Stored data
-- ===== src/Server/Observed.antt =====
-- The middleware Metrics and the page of the counters, over requests to the server one after the other. The
-- recorder keeps the code of the last call of WriteHeader; what is sent is the first status written.
use merkle_evidence_vault.Prelude.{
  Bool-cases, List, Option, Option-cases, String, [], ap, arith, if◌then◌else◌, inl, inr, none,
  refl, some, ℕ, ◌∷◌, ◌≡◌, string_key,
}
use merkle_evidence_vault.Http.{
  Request, Response, encode, new_response, sent_status, set_header, write_header, write_text,
}
use merkle_evidence_vault.Store.{StoreApi}
use merkle_evidence_vault.Vault.{VaultState}
use merkle_evidence_vault.Vault.Ingest.{get_audit, get_evidence, get_proof, ingest}
use merkle_evidence_vault.Vault.Checkpoint.{get_checkpoints_history, get_checkpoints_latest}
use merkle_evidence_vault.Vault.Verify.{verify_checkpoint_by_tree_size, verify_latest_checkpoint}
use merkle_evidence_vault.Metrics.{HttpMetrics, Observation, no_metrics, observe, recorded_status}
use merkle_evidence_vault.Metrics.Page.{metrics_handler, page}
use merkle_evidence_vault.Server.{
  Operation, Route, Router, Supplies, chosen, handle, healthz, metrics_page, panics, readyz,
  security_headers, serve, serve_route,
}
use merkle_evidence_vault.Prelude.Int.{pos, int_key}
use merkle_evidence_vault.Auth.{Env}
use merkle_evidence_vault.Auth.Token.{Jwt}
use merkle_evidence_vault.Auth.Middleware.{authorize, jwt, jwt_config}

-- Nothing is written yet.
abbrev pub IsFresh : Response → Type 0
IsFresh w = (w.status ≡ none) × (w.last_code ≡ none)

abbrev pub IsAgreed : Response → Type 0
IsAgreed w = recorded_status w ≡ sent_status w

IsFresh-IsAgreed : (w : Response) → IsFresh w → IsAgreed w
IsFresh-IsAgreed w (status, code) = rw (status, code) refl

module _ (api : StoreApi) where
  open api use {State}

  handle-IsAgreed :
      (m : HttpMetrics) (op : Operation) (s : Supplies) (req : Request) (w : Response)
      (st : VaultState State)
      → IsFresh w
      → IsAgreed (handle api m op s req w st).1
  unfolding handle metrics_handler ingest get_evidence get_proof get_audit get_checkpoints_latest
      get_checkpoints_history verify_latest_checkpoint verify_checkpoint_by_tree_size set_header
      write_header write_text encode
  handle-IsAgreed m healthz s req w st (status, code) = rw status refl
  handle-IsAgreed m readyz s req w st (status, code) = rw status refl
  handle-IsAgreed m metrics_page s req w st (status, code) =
      elim (Option-cases (page s.floats s.visits m)) [
        | inl panics ↦ rw (handle, metrics_handler, panics, status, code) refl
        | inr (text, shown) ↦ rw (handle, metrics_handler, shown, status, code) refl
      ]
  handle-IsAgreed m op s req w st (status, code) = ground arith

  jwt-IsAgreed :
      (j : Jwt) (env : Env) (m : HttpMetrics) (op : Operation) (s : Supplies) (req : Request)
      (w : Response) (st : VaultState State)
      → IsFresh w
      → IsAgreed (jwt j env (jwt_config j env) (handle api m op s) req w st).1
  unfolding jwt write_header
  jwt-IsAgreed j env m op s req w st fresh =
      elim (Option-cases (authorize j env (jwt_config j env) req.authorization)) [
        | inl denied ↦ rw (denied, jwt, fresh.0) refl
        | inr (ctx, passed) ↦
            rw (passed, jwt) (handle-IsAgreed m op s (record req { context = ctx }) w st fresh)
      ]

-- The router's own answers write the header at most once.
abbrev pub WritesOnce : Router → Type 0
WritesOnce router =
    (method path : String) (w : Response) → IsFresh w → IsAgreed (router.no_route method path w)

module _ (api : StoreApi) (router : Router) (j : Jwt) (env : Env) where
  open api use {State}

  -- Requests one after the other on a started server, the last one first.
  unfoldable pub serve_all :
      List (Supplies × Request) → VaultState State → VaultState State × HttpMetrics
  serve_all [] st = (st, no_metrics)
  serve_all ((s, req) ∷ earlier) st = (serve api router j env s req (serve_all earlier st)).0

  -- What the client has seen of them, less those whose handler panicked.
  unfoldable pub sent : List (Supplies × Request) → VaultState State → List Observation
  unfolding serve_all
  sent [] st = []
  sent ((s, req) ∷ earlier) st =
      let (st', m) = serve_all earlier st in
      let rest = sent earlier st in
      if panics api router j env m (chosen api router j env req) s req st'
      then rest
      else record {
        method = req.method;
        path = req.path;
        status = pos (sent_status (serve api router j env s req (st', m)).1);
        micros = s.micros;
      }
        ∷ rest

module _ (api : StoreApi) (router : Router) (j : Jwt) (env : Env) (once : WritesOnce router) where
  open api use {State}

  serve_route-IsAgreed :
      (m : HttpMetrics) (o : Option Route) (s : Supplies) (req : Request) (w : Response)
      (st : VaultState State)
      → IsFresh w
      → IsAgreed (serve_route api router j env m o s req w st).1
  unfolding serve_route
  serve_route-IsAgreed m none s req w st fresh = once req.method req.path w fresh
  serve_route-IsAgreed m (some r) s req w st fresh = elim (Bool-cases r.guarded) [
    | inl guarded ↦ rw guarded (jwt-IsAgreed api j env m r.operation s req w st fresh)
    | inr free ↦ rw free (handle-IsAgreed api m r.operation s req w st fresh)
  ]

  -- The metrics count each answer of the server, errors included, under the status that the client is
  -- sent, if the router's own answers write the header at most once; a request whose handler panics is
  -- not counted.
  pub serve-sent_status :
      (s : Supplies) (req : Request) (st : VaultState State) (m : HttpMetrics)
      → (serve api router j env s req (st, m)).0.1 ≡ (
          if panics api router j env m (chosen api router j env req) s req st
          then m
          else observe
              (record {
                method = req.method;
                path = req.path;
                status = pos (sent_status (serve api router j env s req (st, m)).1);
                micros = s.micros;
              })
              m)
  unfolding serve security_headers set_header
  serve-sent_status s req st m =
      let w =
        (serve_route api router j env m (chosen api router j env req) s req
          (security_headers new_response) st).1 in
      let agreed =
        serve_route-IsAgreed m (chosen api router j env req) s req (security_headers new_response)
          st (refl, refl) in
      ap
        (λ (code : ℕ).
          if panics api router j env m (chosen api router j env req) s req st
          then m
          else observe
              (record {
                method = req.method;
                path = req.path;
                status = pos code;
                micros = s.micros;
              })
              m)
        agreed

**Description of the task**
Copy every line from the records above that contains the word "Prelude".

**Task solution**
use merkle_evidence_vault.Prelude.{
use merkle_evidence_vault.Prelude.Int.{pos, int_key}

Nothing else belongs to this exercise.